[Dataset entries]
────

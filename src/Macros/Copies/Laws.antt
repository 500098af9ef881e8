-- ===== src/Macros/Copies/Laws.antt =====
-- Lengths of what is copied or skipped, and termination of these loops.
use co.Prelude.{
  ℕ, zero, suc, ◌+◌, ◌/◌, ◌%◌, ◌<◌, ◌≤◌, [], ◌∷◌, Bytes, length, length-span_le, ◌==◌, if_both,
  arith, inl, inr, Bool-cases,
}
use co.Prelude.Outcome.{Outcome, ok, Settles, settled, crashed, Ends}
use co.Macros.Copies.{
  block_comment_rest, is_special, plain_rest, pragma_next, pragma_from, skip_spaces, format_from,
  format,
}
use co.Utils.Classes.{is_whitespace, is_quote}
use co.Utils.Scans.{skip_literal_bytes-lt}

pub length-block_comment_rest : (s : Bytes) → length (block_comment_rest s).1 ≤ length s
unfolding block_comment_rest
length-block_comment_rest [] = omega arith
length-block_comment_rest (c ∷ []) = omega arith
length-block_comment_rest (c ∷ d ∷ r) = ground (arith, length-block_comment_rest (d ∷ r))

pub length-plain_rest : (s : Bytes) → length (plain_rest s).1 ≤ length s
unfolding plain_rest
length-plain_rest [] = omega arith
length-plain_rest (c ∷ s) =
    if_both (λ (p : Bytes × Bytes). length p.1 ≤ suc (length s)) (is_special c s) (λ _. omega arith)
      (λ _. omega (arith, length-plain_rest s))

pub length-skip_spaces : (s : Bytes) → length (skip_spaces s) ≤ length s
unfolding skip_spaces
length-skip_spaces s = length-span_le is_whitespace s

length-pragma_next : (c : ℕ) (r : Bytes) → length (pragma_next c r) ≤ length r
unfolding pragma_next
length-pragma_next c r =
    if_both (λ (s : Bytes). length s ≤ length r) (is_quote c) (λ _. skip_literal_bytes-lt c c r)
      (λ _. omega arith)

Settles-shorter :
    {m n : ℕ} {o : Outcome Bytes}
    → m ≤ n
    → Settles (λ rest. length rest ≤ m) o
    → Settles (λ rest. length rest ≤ n) o
Settles-shorter h (settled k) = settled (omega arith)
Settles-shorter h crashed = crashed

closing_paren :
    (f d : ℕ) (r : Bytes)
    → length r < f
    → ((e : ℕ) → Settles (λ rest. length rest ≤ length r) (pragma_from f e r))
    → Settles
        (λ rest. length rest ≤ suc (length r))
        (elim d [ zero ↦ ok r | suc e ↦ pragma_from f e r ])
closing_paren f zero r k more = settled (omega arith)
closing_paren f (suc e) r k more = Settles-shorter (omega arith) (more e)

pub pragma_from-Settles :
    (f d : ℕ) (s : Bytes)
    → length s < f
    → Settles (λ rest. length rest ≤ length s) (pragma_from f d s)
unfolding pragma_from
pragma_from-Settles zero d s h = absurd (omega arith)
pragma_from-Settles (suc f) d [] h = settled (omega arith)
pragma_from-Settles (suc f) d (c ∷ r) h = elim (Bool-cases (c == b'(')) [
  | inl e ↦
      rw (e, pragma_from)
        (Settles-shorter (omega arith) (pragma_from-Settles f (suc d) r (omega arith)))
  | inr e ↦ elim (Bool-cases (c == b')')) [
    | inl e' ↦
        rw (e, e', pragma_from)
          (closing_paren f d r (omega arith) λ e. pragma_from-Settles f e r (omega arith))
    | inr e' ↦
        rw (e, e', pragma_from)
          (Settles-shorter (omega (arith, length-pragma_next c r))
            (pragma_from-Settles f d (pragma_next c r) (omega (arith, length-pragma_next c r))))
  ]
]

format_from-Ends : (f n : ℕ) (digits : Bytes) → Ends (format_from f n digits)
unfolding format_from
format_from-Ends zero n digits = if_both Ends (n == 0) (λ _. settled tt) (λ _. crashed)
format_from-Ends (suc f) n digits = elim (Bool-cases (n == 0)) [
  | inl e ↦ rw (e, format_from) (settled tt)
  | inr e ↦ rw (e, format_from) (format_from-Ends f (n / 10) ((b'0' + n % 10) ∷ digits))
]

pub format-Ends : (n : ℕ) → Ends (format n)
unfolding format
format-Ends n = if_both Ends (n == 0) (λ _. settled tt) (λ _. format_from-Ends 20 n [])
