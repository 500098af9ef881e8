-- ===== src/Macros/Define.antt =====
-- co2_preprocessor/src/macro_defs.rs: `parse_define`.
pub mod Laws
pub mod Foreign
use co.Prelude.{
  ℕ, zero, suc, Bool, true, false, not, ◌&&◌, List, [], ◌∷◌, ◌++◌, Bytes, Option, none, some, span,
  drop, head_is, ◌==◌, if◌then◌else◌,
}
use co.Prelude.Outcome.{Outcome, ok, out_of_fuel, ◌>>=◌}
use co.Directives.Defined.{skip_blanks}
use co.Macros.Table.{MacroDef, macro_def_from_parts}
use co.Utils.Classes.{is_ident_start_byte, is_ident_cont_byte}
use co.Utils.Text.{bytes_to_str, trim}

-- `params`, `is_variadic` and `has_named_variadic`.
pub record ParamList : Type 0 where
  pub params : List Bytes
  pub is_variadic : Bool
  pub has_named_variadic : Bool

unfoldable pub is_ellipsis : Bytes → Bool
is_ellipsis (a ∷ b ∷ c ∷ s) = a == b'.' && b == b'.' && c == b'.'
is_ellipsis _ = false

-- Behind the dots: the text behind the next `)`.
unfoldable pub behind_paren : Bytes → Bytes
behind_paren s = drop 1 (span (λ c. not (c == b')')) s).1

unfoldable pub skip_comma : Bytes → Bytes
unfolding skip_blanks
skip_comma s = let r = skip_blanks s in if head_is (λ c. c == b',') r then drop 1 r else r

abbrev pub fixed_list : List Bytes → ParamList
fixed_list params = record { params = params; is_variadic = false; has_named_variadic = false }

-- What a round of the loop does at a byte that is no blank: the end of the list with the text behind
-- it, or one more round with new parameters at a new cursor.
pub data ParamStep : Type 0 where
  finish : ParamList → Bytes → ParamStep
  continue : List Bytes → Bytes → ParamStep

-- Behind a parameter's name.
unfoldable pub named_param : List Bytes → Bytes → Bytes → ParamStep
unfolding is_ellipsis behind_paren skip_comma
named_param params name s =
    if is_ellipsis s
    then finish
        (record { params = params ++ name ∷ []; is_variadic = true; has_named_variadic = true })
        (behind_paren (drop 3 s))
    else continue (params ++ name ∷ []) (skip_comma s)

unfoldable pub param_step : List Bytes → ℕ → Bytes → Outcome ParamStep
unfolding is_ellipsis behind_paren named_param skip_comma
param_step params c r =
    if c == b')'
    then ok (finish (fixed_list params) r)
    else if is_ellipsis (c ∷ r)
    then ok (
        finish (record { params = params; is_variadic = true; has_named_variadic = false })
          (behind_paren (drop 2 r)))
    else if is_ident_start_byte c
    then (let word = span is_ident_cont_byte r in
        bytes_to_str (c ∷ word.0) >>= λ name. ok (named_param params name word.1))
    else ok (continue params (skip_comma (c ∷ r)))

-- The loop behind `(`. Nothing in the source bounds its rounds.
unfoldable pub parse_params : ℕ → List Bytes → Bytes → Outcome (ParamList × Bytes)
unfolding param_step skip_blanks
parse_params zero params s = out_of_fuel
parse_params (suc f) params s = elim (skip_blanks s) [
  | [] ↦ ok (fixed_list params, [])
  | c ∷ r ↦ param_step params c r >>= λ step. elim step [
    | finish list rest ↦ ok (list, rest)
    | continue params' rest ↦ parse_params f params' rest
  ]
]

module _ (is_xid_start is_xid_continue : ℕ → Bool) where
  -- The definition from its parts, with the body's text trimmed.
  unfoldable pub define_with : Bytes → Bool → ParamList × Bytes → Outcome (Option MacroDef)
  unfolding macro_def_from_parts trim
  define_with name function_like (list, body) =
      macro_def_from_parts is_xid_start is_xid_continue name function_like list.params
        list.is_variadic list.has_named_variadic (trim body)
      >>= λ d. ok (some d)

  -- A name with what stands behind it.
  unfoldable pub define_named : ℕ → Bytes → Bytes → Outcome (Option MacroDef)
  unfolding parse_params define_with
  define_named f name s =
      if head_is (λ c. c == b'(') s
      then (parse_params f [] (drop 1 s) >>= λ p. define_with name true p)
      else define_with name false (fixed_list [], s)

  unfoldable pub define_trimmed : ℕ → Bytes → Outcome (Option MacroDef)
  unfolding define_named
  define_trimmed f [] = ok none
  define_trimmed f (c ∷ s) =
      if is_ident_start_byte c
      then (let word = span is_ident_cont_byte s in
          bytes_to_str (c ∷ word.0) >>= λ name. define_named f name word.1)
      else ok none

  -- `parse_define`, with fuel for the parameters.
  unfoldable pub parse_define : ℕ → Bytes → Outcome (Option MacroDef)
  unfolding define_trimmed trim
  parse_define f line = define_trimmed f (trim line)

────

PROBLEM DETAILS:
Once you reach the line with "length-block_comment_rest [] = omega arith" in the data above, copy it and every line after it exactly, up to and including the line with "unfolding plain_rest".

EXPECTED OUTPUT:
length-block_comment_rest [] = omega arith
length-block_comment_rest (c ∷ []) = omega arith
length-block_comment_rest (c ∷ d ∷ r) = ground (arith, length-block_comment_rest (d ∷ r))

pub length-plain_rest : (s : Bytes) → length (plain_rest s).1 ≤ length s
unfolding plain_rest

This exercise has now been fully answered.